Create 'ARIMA_PLUS_XREG' models for a list of items.

This function generates and executes a 'CREATE MODEL' query for each item in the provided list. The models are created using the specified training and test tables in BigQuery.

Parameters:
  • client (bigquery.Client) – Instance of the BigQuery client used to execute queries.

  • items_list (List[str]) – List of item names for which models are to be created.

  • max_items (int or None, default None) – Maximum number of items to process. If None, all items are processed. See the ‘Notes’ section for more information.

  • timestamp_col (str, default "date") – The column name representing the timestamp in the dataset.

  • time_series_data_col (str, default "total_amount_sold") – The column name representing the time series data.

  • model_name (str, default "bqmlforecast.arima_plus_xreg_model") – The base name for the models.

  • train_table_name (str, default "bqmlforecast.training_data") – The name of the table containing training data.

  • test_table_name (str | None, default "bqmlforecast.test_data") – The name of the table containing test data. If None, then only the data from train_table_name is used for training the model. See the ‘Notes’ section for more information.

  • **kwargs (Any) –

    Additional keyword arguments such as:

    holiday_regionstr, default=”US”

    The holiday region to be used by the models.

    auto_arimabool, default=True

    Whether to enable 'AUTO_ARIMA'.

    adjust_step_changesbool, default=True

    Whether to adjust for step changes in the data.

    clean_spikes_and_dipsbool, default=True

    Whether to clean spikes and dips in the data.

Return type:

None

Notes

Not specifying a value for max_items requires you to use a Google Cloud account with billing enabled. If you’re not using a Google Cloud account with billing enabled, then you should limit the number of items to a value smaller than or equal to 4.

Important

If using a Google Cloud account with billing enabled, running this code might incur charges.

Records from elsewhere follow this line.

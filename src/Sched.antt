-- ===== src/Sched.antt =====
-- The scheduling policy of zeOS/sched.c, and the switch of zeOS/entry.S. `none` is a fault: a
-- pointer through NULL, or a queue's head taken for a task.
pub mod Queues
pub mod Policy
pub mod Turns
pub mod Priority
pub mod Fair
pub mod Sample
mod Tests
use so2_soa_fib.Common.{
  ℕ, ◌+◌, ◌*◌, ◌%◌, ◌^◌, Bool, true, false, ◌&&◌, Option, none, some, ◌>>=◌, ◌==◌, if◌then◌else◌, ℤ,
  pos, dec, is_pos,
}
use so2_soa_fib.ListHead.{
  Ptr, null, Links, init_list_head, list_add, list_add_tail, list_del, list_empty, list_first,
}
use so2_soa_fib.Kernel.{
  Kernel, Task, TaskStats, current, set_task, freequeue, readyqueue, priorityqueue, node,
  list_head_to_task_struct, sys_to_user_ready, ready_to_sys,
}

unfoldable pub set_links : Links → Kernel → Kernel
set_links m k = record k { links = m }

-- `quantum_ticks` is an `int`; `schedule` gives it a new quantum once it has come to 0, so it stays far
-- from where an `int` wraps.
unfoldable pub update_sched_data_rr : Kernel → Kernel
update_sched_data_rr k = record k { quantum_ticks = dec k.quantum_ticks }

-- `current()->estat.total_trans++`
unfoldable pub count_trans : Kernel → Kernel
unfolding set_task
count_trans k =
    let t = current k in
    let st = t.estat in
    set_task k.running
      (record t { estat = record st { total_trans = (st.total_trans + 1) % 2 ^ 32 } }) k

unfoldable pub needs_sched_rr : Kernel → Option (Bool × Kernel)
unfolding count_trans
needs_sched_rr k = if is_pos k.quantum_ticks then some (false, k) else do
  r ← list_empty readyqueue k.links
  p ← list_empty priorityqueue k.links
  some (
      if r && p
      then (false, count_trans (record k { quantum_ticks = pos (current k).quantum }))
      else (true, k))

-- `dst_queue` NULL is the address 0.
unfoldable pub update_process_state_rr : ℕ → Ptr → Kernel → Option Kernel
unfolding set_links
update_process_state_rr t dst k = do
  m ←
      if k.links.prev (node t) == null && k.links.next (node t) == null
      then some k.links
      else list_del (node t) k.links
  m ← if dst == null then some m else list_add_tail (node t) dst m
  some (set_links m k)

-- `task_switch` and `inner_task_switch`: the time is booked, the kernel's stack and the directory
-- become those of `new`, and the code goes on where `new` was left.
unfoldable pub task_switch : ℕ → Kernel → Kernel
task_switch new k =
    let k = sys_to_user_ready k in
    ready_to_sys (record k { esp0 = new; cr3 = (k.task new).dir; running = new })

-- The queue from which `sched_next_rr` takes the next task.
unfoldable pub next_queue : Kernel → Option Ptr
next_queue k =
    if (current k).nice == 0
    then some readyqueue
    else (do e ← list_empty priorityqueue k.links; some (if e then readyqueue else priorityqueue))

unfoldable pub sched_next_rr : Kernel → Option Kernel
unfolding next_queue set_links
sched_next_rr k = do
  queue ← next_queue k
  list_nou ← list_first queue k.links
  m ← list_del list_nou k.links
  nova_taska ← list_head_to_task_struct list_nou
  let final_quantum = (k.task nova_taska).quantum
  let ticks = if (current k).nice == 0 then final_quantum else final_quantum * 5
  some (task_switch nova_taska (record (set_links m k) { quantum_ticks = pos ticks }))

-- The body of `schedule` under its test: the quantum is over and another task waits.
unfoldable pub switch_tasks : Kernel → Option Kernel
switch_tasks k = do
  k ←
      update_process_state_rr k.running
        (if (current k).nice == 0 then priorityqueue else readyqueue) k
  sched_next_rr k

unfoldable pub schedule : Kernel → Option Kernel
unfolding update_sched_data_rr switch_tasks
schedule k = do
  (needed, k) ← needs_sched_rr (update_sched_data_rr k)
  if needed then switch_tasks k else some k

If you are evaluating the model, you shouldn’t use all available data to train the model. Therefore, if you’re evaluating the model, consider setting the parameter test_table_name to None. Doing so will cause the model to be trained using only the specified data from the train_table_name which in turn will allow you to use the data from test_table_name for evaluation.

iowa_forecast.ml_train.train_arima_models(client: bigquery.Client, columns: List[str], model: str = 'bqmlforecast.arima_model', train_table_name: str = 'bqmlforecast.training_data', test_table_name: str | None = 'bqmlforecast.test_data', model_metrics_table_name: str | None = 'bqmlforecast.arima_model_metrics', time_series_timestamp_col: str = 'date', time_series_id_col: str = 'item_name', confidence_level: float = 0.9, horizon: int = 7, use_test_data_on_train: bool = True, **kwargs)[source]

Train ARIMA models for a list of columns and store their metrics.

This function generates and executes 'CREATE MODEL' queries for ARIMA models using the specified columns, and evaluates their performance by creating tables of model metrics.

These ARIMA models will then be used to generate the future feature values used for forecasting the liquor sales.

Parameters:
  • client (bigquery.Client) – Instance of the BigQuery client used to execute queries.

  • columns (List[str]) – List of columns to be used for creating ARIMA models.

  • model (str, default "bqmlforecast.arima_model") – The base name for the ARIMA models.

  • train_table_name (str, default "bqmlforecast.training_data") – The name of the table containing training data.

  • test_table_name (str | None, default "bqmlforecast.test_data") – The name of the table containing test data.

  • model_metrics_table_name (str or None, default "bqmlforecast.arima_model_metrics") – The base name for the tables where model metrics will be stored.

  • time_series_timestamp_col (str, default "date") – The column name representing the timestamp in the dataset.

  • time_series_id_col (str, default "item_name") – The column name representing the identifier for the time series.

  • confidence_level (float, default 0.9) – The confidence level used in the model evaluation.

  • horizon (int, default 7) – The number of time steps (days) to forecast.

  • use_test_data_on_train (bool, default True) – Whether to use test data during model training.